Cumhuriyet Halk Partisi İzmir Milletvekili Sevda Erdan Kılıç SonSözTV’ye konuk oldu. Gazeteci Fatih Yapar’ın sorularını yanıtlayan Kılıç, Torbalı Belediye Başkanı İsmail Uygur'un vefatından sonra yaşanan seçim krizini değerlendirdi

"Çok severdim İsmail Abi’yi. Keşke böyle bir şey yaşamasaydık. Hatta son ziyaretimizde sohbet ettik, güldük. Maalesef kaybettik. Yasa gereği bir seçim yaşandı, fireler oldu. Uzun bir müzakere süreci oldu. Hepsi çok kıymetli adaylar. Hiçbir ayrışma olmadan, ortak mutabakatla aday çıkarıldı. Artı bir DEVA Partisi'nden bir üye vardı, CHP'ye oy vereceklerini açıkladılar ama o oy alınamadı.  Vah vah tüh tüh'lerle düşünen biri değilim. CHP, 100 yıllık bir parti, birçok şeye çözüm bulunabilir. Bir arkadaşımız ayrıldı, AK Parti'ye geçti. DEVA'nın Meclis üyesi, eski yeri olan AK Parti'ye döndü. Çürük elmalar ayıklandı, daha temiz bir yol açıldı. Geçtiğimiz günlerde hayırlı olsun ziyaretine gittik. Resmen belediye başkanımız görevine başladı. Böyle olmasa tabii ki iyiydi ama ah vah demeyeceğiz. Meclis üyesi yazarken bütün partiler seçim kazanmak istiyor, belli bir düzenle yazılıyor üyeler. Bunları yazarken CHP olarak o ilçede yaşayan, görev yapmış, emek vermiş insanların olmasına ilişkin açıklama yapmıştım. Gün gösterdi ki, parti aidiyeti yüksek olursa, gözünüz hiçbir şey görmez. Kan kusarız kızılcık hoşafı içtik deriz biz. Önemli olan parti ve ülkedir."
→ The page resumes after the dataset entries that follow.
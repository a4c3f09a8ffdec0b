-- ===== src/Prelude/Int.antt =====
-- Signed integers over the native numbers, under the library's names.
use drone_server.Prelude.{if◌then◌else◌, ltb, ℕ, ◌-◌}

-- `negsuc n` is -(n + 1).
pub data ℤ : Type 0 where
  pos : ℕ → ℤ
  negsuc : ℕ → ℤ

-- The integer that a 16-bit pattern, a 32-bit pattern stands for as an int16_t, an int32_t.
abbrev pub int16 : ℕ → ℤ
int16 w = if ltb w 0x8000 then pos w else negsuc (0x10000 - w - 1)

abbrev pub int32 : ℕ → ℤ
int32 w = if ltb w 0x8000_0000 then pos w else negsuc (0x1_0000_0000 - w - 1)

abbrev pub pos_part : ℤ → ℕ
pos_part (pos n) = n
pos_part (negsuc n) = 0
AHDE VEFA DİYE BİR ŞEY VAR, ADAY ÇIKARMAMALIYDILAR

"Dava dilekçesini görmedim, hukuki bir açıklama yapamam şu anda. İsmail Başkan vefat etti. Torbalı halkının iradesiyle gelmiş bir başkandı. Bir kere buna saygı duyup, aday çıkarılmamaları gerekiyordu. Her şey siyaset değil, kazanmak değil. Ahde vefa olması gerekir. Bunlar küçük şeyler, öncelikle aday çıkarma saygısızlığını kabul etmiyorum. Fotoğraf duyumunu da haberlerden gördüm. Olabilir, adaylar aday çıkarmaya üzülmüşlerdi; duygusal bir şey değil. Biz oradaydık, parti politikası değil. Öyle bir şey değil. Duygusal olarak çekilmiş, atılmış olabilir. Özgürlüklerin en çok yaşandığı partide, parti politikası olamaz bu. Kalkıp da nasıl böyle bir ambargo konsun? Organize bir şey kesinlikle olmadı. Ben artık hukukçu kimliğimle bu süreç nasıl olur, sorusu sorulduğunda; ‘benim hukukçu kimliğim devam ediyor ama Türkiye’de hukuk kalmadı’ diyorum. Hukuki olarak bir karar verileceğini düşünmüyorum, yürütme durdurulma kararı alınırsa da bu siyasi bir karar olur. Kimse artık hukuka güvenmiyor. Ölene saygısızlık eden bir zihniyetin, buraya müdahale etmeyeceğini düşünebilir misiniz? 100 yıllık partiyiz, herkesin görevi gelip geçici, herkesin yeri doldurulabilir partide."